Additional capabilities for file inclusion, etc.
- `tag(tag_name, tag_options_hash)`: add tags to the stack, which are inherited by all resources in that stack. `tag_options_hash` includes `:Value=>value` and `:Immutable=>true` properties. `tag(tag_value_hash)` is deprecated and will be removed in a future version.

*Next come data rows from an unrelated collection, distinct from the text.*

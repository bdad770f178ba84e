-- ===== src/Forms/Nodes.antt =====
-- The nodes and the parser's state of src/github.com/latacora/formaldehyd/parse.go, and the operations on
-- them. A pointer to a node is a number, and the nodes are a store of which `count` are in use. A nil
-- pointer as the current node panics here when it is set: `Parse` uses the current node at its end.
pub mod Tree
use formaldehyde.Prelude.{
  ℕ, zero, suc, ◌+◌, ◌==◌, Bool, true, false, not, if◌then◌else◌, List, [], ◌∷◌, ◌++◌, Option, none,
  some, get_elem?, drop, update, codes, String,
}
use formaldehyde.Prelude.Partial.{Partial, done, panic, out_of_fuel}
use formaldehyde.Prelude.Process.{Process, ◌>>=◌, ◌>>◌, return, modify}
use formaldehyde.Forms.Tokens.{Code, ws, newline, eof}

pub data Kind : Type 0 where
  document label heading text field page text_field radio_field check_field drop_field : Kind
  selection button number_field switch_field : Kind

pub data Attr : Type 0 where
  width height default plusminus slider checked selected on label : Attr

-- `attrs` is `none` for a nil map; the last entry of a key counts, and stands first.
pub record Node : Type 0 where
  pub kind : Kind
  pub text : List ℕ
  pub parent : Option ℕ
  pub children : List ℕ
  pub line : ℕ
  pub hash : List ℕ
  pub opt : List ℕ
  pub attrs : Option (List (Attr × List ℕ))

pub data FormError : Type 0 where
  unexpected_end : FormError
  unexpected_token : ℕ → String → List ℕ → String → FormError
  nested_pages : FormError
  no_button_label : FormError
  button_lines : FormError

-- What the parser takes of the scanner's package and of Go's library: the code of a token, the token
-- that stands for the end, `TokenText` in the buffer, `TokenSpan`, `strings.Fields` and
-- `strconv.Itoa`.
pub record Lexis (T : Type 0) : Type 0 where
  pub code : T → Code
  pub end : T
  pub token_text : List T → List ℕ
  pub token_span : List T → ℕ
  pub fields : List ℕ → List (List ℕ)
  pub itoa : ℕ → List ℕ

-- `taken` is the source's `off`, plus 1.
pub record Parser (T : Type 0) : Type 0 where
  pub tokens : List T
  pub taken : ℕ
  pub opt_tag : List ℕ
  pub accum : List T
  pub current : ℕ
  pub twidth : ℕ
  pub line : ℕ
  pub err : Option FormError
  pub current_hash : List ℕ
  pub nodes : ℕ → Node
  pub count : ℕ

-- `strings.Replace(input, "|", "", -1)`.
unfoldable pub without_bars : List ℕ → List ℕ
without_bars [] = []
without_bars (c ∷ cs) = let rest = without_bars cs in if c == b'|' then rest else c ∷ rest

-- `strings.Join(…, " ")`.
unfoldable pub join_words : List (List ℕ) → List ℕ
join_words [] = []
join_words (w ∷ []) = w
join_words (w ∷ v ∷ ws') = w ++ b' ' ∷ join_words (v ∷ ws')

abbrev pub Parse : Type 0 → Type 0 → Type 0
Parse T A = Process (Parser T) A

abbrev pub is_newline : Code → Bool
is_newline newline = true
is_newline _ = false

module _ {T : Type 0} where
  -- The current node.
  abbrev pub here : Parser T → Node
  here p = p.nodes p.current

  abbrev pub set_here : Node → Parser T → Parser T
  set_here n p = record p { nodes = update p.nodes p.current n }

  -- `p.current.Kind = …`.
  unfoldable pub set_kind : Kind → Parse T (Unit {0})
  set_kind k = modify (λ p. set_here (record (here p) { kind = k }) p)

  -- `p.current.Attrs[…] = …`, which panics for a nil map.
  unfoldable pub set_attr : Attr → List ℕ → Parse T (Unit {0})
  set_attr key value p = elim (here p).attrs [
    | none ↦ panic
    | some attrs ↦ done (tt, set_here (record (here p) { attrs = some ((key, value) ∷ attrs) }) p)
  ]

  -- `p.current = p.current.Parent`.
  unfoldable pub leave : Parse T (Unit {0})
  leave p = elim (here p).parent [ none ↦ panic | some q ↦ done (tt, record p { current = q }) ]

  -- `p.current = …`.
  abbrev pub enter : ℕ → Parse T (Unit {0})
  enter id = modify (λ p. record p { current = id })

  unfoldable pub fail : FormError → Parse T (Unit {0})
  fail e = modify (λ p. record p { err = some e })

  unfoldable pub add_accum : T → Parse T (Unit {0})
  add_accum t = modify (λ p. record p { accum = p.accum ++ t ∷ [] })

  unfoldable pub reset_accum : Parse T (Unit {0})
  reset_accum = modify (λ p. record p { accum = [] })

module _ {T : Type 0} (lx : Lexis T) where
  unfoldable pub cleansing_fire : List ℕ → List ℕ
  unfolding without_bars join_words
  cleansing_fire input = join_words (lx.fields (without_bars input))

  abbrev pub take_token : Option T → Parser T → Option T × Parser T
  take_token none p = (none, p)
  take_token (some t) p = (
    some t,
    record p { taken = p.taken + 1; line = if is_newline (lx.code t) then p.line + 1 else p.line },
  )

  unfoldable pub next : Parse T (Option T)
  next p = done (take_token (get_elem? p.tokens p.taken) p)

  abbrev pub token_or_end : Option T → Parse T T
  token_or_end none = fail unexpected_end >> return lx.end
  token_or_end (some t) = return t

  unfoldable pub need_next : Parse T T
  unfolding next fail
  need_next = next >>= token_or_end

  -- The code of a token that may not be there.
  abbrev pub code_or_eof : Option T → Code
  code_or_eof none = eof
  code_or_eof (some t) = lx.code t

  unfoldable pub at : ℕ → Parser T → Code
  at off p = code_or_eof (get_elem? p.tokens off)

  unfoldable pub unexpected : T → String → String → Parse T (Unit {0})
  unfolding fail
  unexpected t context message p =
      fail (unexpected_token p.line context (lx.token_text (t ∷ [])) message) p

  -- The node that `addChild` makes.
  abbrev pub new_node : Kind → List T → Parser T → Node
  new_node kind tox p = record {
    kind = kind;
    text = cleansing_fire (lx.token_text tox);
    parent = some p.current;
    children = [];
    line = p.line;
    hash = p.current_hash;
    opt = p.opt_tag;
    attrs = some [];
  }

  -- The state after `addChild`.
  unfoldable pub with_child : Kind → List T → Parser T → Parser T
  with_child kind tox p =
      let own = record (here p) { children = (here p).children ++ p.count ∷ [] } in
      record p {
        nodes = update (update p.nodes p.current own) p.count (new_node kind tox p);
        count = p.count + 1;
        current_hash = [];
      }

  unfoldable pub add_child : Kind → List T → Parse T ℕ
  unfolding with_child
  add_child kind tox p = done (p.count, with_child kind tox p)

  -- `p.addChild(kind, p.accum); p.resetAccum()`.
  unfoldable pub add_accum_child : Kind → Parse T (Unit {0})
  unfolding add_child reset_accum
  add_accum_child kind p = (add_child kind p.accum >>= λ id. reset_accum) p

  -- `cleansingFire(scan.TokenText(p.buf, p.accum))`.
  abbrev pub accum_text : Parser T → List ℕ
  accum_text p = cleansing_fire (lx.token_text p.accum)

- `file(name)`: return the named file as a string, for further use
- `load_from_file(filename)`: load the named file by a given type; currently handles YAML, JSON, and Ruby
- `interpolate(string)`: embed CFN references into a string (`{{ref('Service')}}`) for later interpretation by the CFN engine
- `Table.load(filename)`: load a table from the listed file, which can then be turned into mappings (via `get_map`)

### Default Region

The tool defaults to region `us-east-1`. To change this set either `EC2_REGION` or `AWS_DEFAULT_REGION` in your environment.